Egg and cress is the sandwich that the British packaged-lunch shelf is built around, and the thing that defines this version is the cabinet, not the kitchen. The filling is the same constant as every egg sandwich, bound chopped egg with peppery mustard cress through it, but here it is engineered to hold for hours behind glass rather than to be eaten the hour it is made. That single requirement changes the build. The cress is folded into the bound egg instead of layered as a fresh green, because a layer of shoots laid against bread wilts and weeps in a chiller and a triangle has to look the same at four in the afternoon as it did at eight in the morning. The cress is still doing its job, the pepper and the fine texture against the soft egg, it is just doing it from inside the mixture.
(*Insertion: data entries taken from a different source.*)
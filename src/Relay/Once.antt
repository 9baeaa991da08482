-- ===== src/Relay/Once.antt =====
-- What the relay service does with the item of an identifier that it has seen.
use neo_nect_desktop.Base.{ℕ, Bool, ◌||◌, ◌≡◌, refl, ℤ}
use neo_nect_desktop.Base.Text.{String, contains_text}
use neo_nect_desktop.Crypto.{Bytes, OpenSsl}
use neo_nect_desktop.Qt.{Qt}
use neo_nect_desktop.Socket.State.{Network, WebSocketClient}
use neo_nect_desktop.Storage.Message.{Message}
use neo_nect_desktop.Relay.{ISettingsRepository, RelayService, Web}
use neo_nect_desktop.Relay.Session.{
  on_ws_connected, on_ws_disconnected, poll_pending_messages, acknowledge_message, start_polling,
  stop_polling, on_ws_error,
}
use neo_nect_desktop.Relay.Send.{Moment, send_domain_message, on_sent}
use neo_nect_desktop.Relay.Receive.{
  Reading, process_incoming_relay_item, on_websocket_message_received, on_polled,
}
use neo_nect_desktop.Relay.Keeps.{
  Seen, Seen-same, Seen-if, poll-Seen, start-Seen, handle_401-Seen, send-Seen, on_sent-Seen,
}
use neo_nect_desktop.Relay.Items.{process-noted, on_websocket-Seen, on_polled-Seen}

-- A call of the service, the answer to a request, or a signal of the WebSocket client.
pub data Step {S : Type 0} (i : ISettingsRepository S) (w : Web) (q : Qt) (n : Network)
    (s : RelayService S) : RelayService S → Type 0 where
  starts : Step i w q n s (start_polling i n s)
  stops : Step i w q n s (stop_polling i n s)
  polls : Step i w q n s (poll_pending_messages i s)
  answers :
      (o : OpenSsl) (readings : ℕ → Reading) (status : ℤ) (body : Bytes) (no_error : Bool)
      → Step i w q n s (on_polled i w q n o readings status body no_error s)
  sends :
      (o : OpenSsl) (now : Moment) (msg : Message)
      → Step i w q n s (send_domain_message i w n o now msg s)
  is_sent :
      (target message : String) (status : ℤ) (body : Bytes) (no_error : Bool) (err : String)
      → Step i w q n s (on_sent i w n target message status body no_error err s)
  receives :
      (o : OpenSsl) (r : Reading) (message : String)
      → Step i w q n s (on_websocket_message_received i w q o r message s)
  connects : Step i w q n s (on_ws_connected s)
  disconnects : Step i w q n s (on_ws_disconnected s)
  fails : (err : String) → Step i w q n s (on_ws_error i n w err s)
  -- the settings, the key, the client or the server's address are changed by other parts
  changes :
      (settings : S) (master : Bytes) (client : WebSocketClient) (url : String)
      → Step i w q n s
          (record s { settings = settings; master = master; ws_client = client; base_url = url })

pub data Reach {S : Type 0} (i : ISettingsRepository S) (w : Web) (q : Qt) (n : Network)
    (start : RelayService S) : RelayService S → Type 0 where
  here : Reach i w q n start start
  next :
      {s s' : RelayService S} → Reach i w q n start s → Step i w q n s s' → Reach i w q n start s'

module _ {S : Type 0} (i : ISettingsRepository S) (w : Web) (q : Qt) (n : Network) (id : ℤ) where
  Step-Seen : {s s' : RelayService S} → Step i w q n s s' → Seen id s → Seen id s'
  unfolding stop_polling on_ws_connected on_ws_disconnected on_ws_error
  Step-Seen {s} starts v = start-Seen i id n s v
  Step-Seen {s} stops v = Seen-same id s _ refl v
  Step-Seen {s} polls v = poll-Seen i id s v
  Step-Seen {s} (answers o readings status body no_error) v =
      on_polled-Seen i w q id n o readings status body no_error s v
  Step-Seen {s} (sends o now msg) v = send-Seen i id w n o now msg s v
  Step-Seen {s} (is_sent target message status body no_error err) v =
      on_sent-Seen i id w n target message status body no_error err s v
  Step-Seen {s} (receives o r message) v = on_websocket-Seen i w q id o r message s v
  Step-Seen {s} connects v = Seen-same id s _ refl v
  Step-Seen {s} disconnects v = Seen-same id s _ refl v
  Step-Seen {s} (fails err) v =
      Seen-if id _ _ (contains_text err "401" || w.contains_ci err "Unauthorized")
        (handle_401-Seen i id n s v) v
  Step-Seen {s} (changes settings master client url) v = Seen-same id s _ refl v

  Reach-Seen : (start s : RelayService S) → Seen id start → Reach i w q n start s → Seen id s
  Reach-Seen start s v here = v
  Reach-Seen start s v (next r step) = Step-Seen step (Reach-Seen start _ v r)

  -- Once the item of an identifier was processed, whatever came of it, then after any calls, answers
  -- and signals another item of that identifier is only acknowledged.
  pub Reach-acknowledge :
      (o o' : OpenSsl) (r r' : Reading) (cipher cipher' : String) (start s : RelayService S)
      → Reach i w q n (process_incoming_relay_item i w q o r id cipher start) s
      → process_incoming_relay_item i w q o' r' id cipher' s ≡ acknowledge_message i w id s
  unfolding process_incoming_relay_item
  Reach-acknowledge o o' r r' cipher cipher' start s reach =
      let v = Reach-Seen _ s (process-noted i w q id o r cipher start) reach in rw v.seen refl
The craft is moisture control under storage, which is a harder problem than freshness. The egg is bound tight, slightly firmer than you would make it for a sandwich eaten straight away, because mayonnaise loosens and migrates over hours and a filling that was correct at assembly goes to a slick by lunch. The bread is a soft sliced white chosen to hold its structure cold rather than for flavour, the butter or spread taken to the very edges to waterproof the crumb against a filling designed to sit against it for a working day, and the sandwich is cut into the wedge that fits the carton and shows a clean face through the film. Everything is calibrated to the worst case, the sandwich bought late in the day, not the one eaten fresh from the kitchen.
The variations are the rest of the bound-egg shelf met in the same packaged form: egg mayonnaise without the cress, egg and tomato with its bleed problem managed by a barrier, egg and bacon for the breakfast register. The made-fresh round of this same sandwich, cress green and layered, is its own thing with its own rules. Each deserves its own article rather than being crowded in here.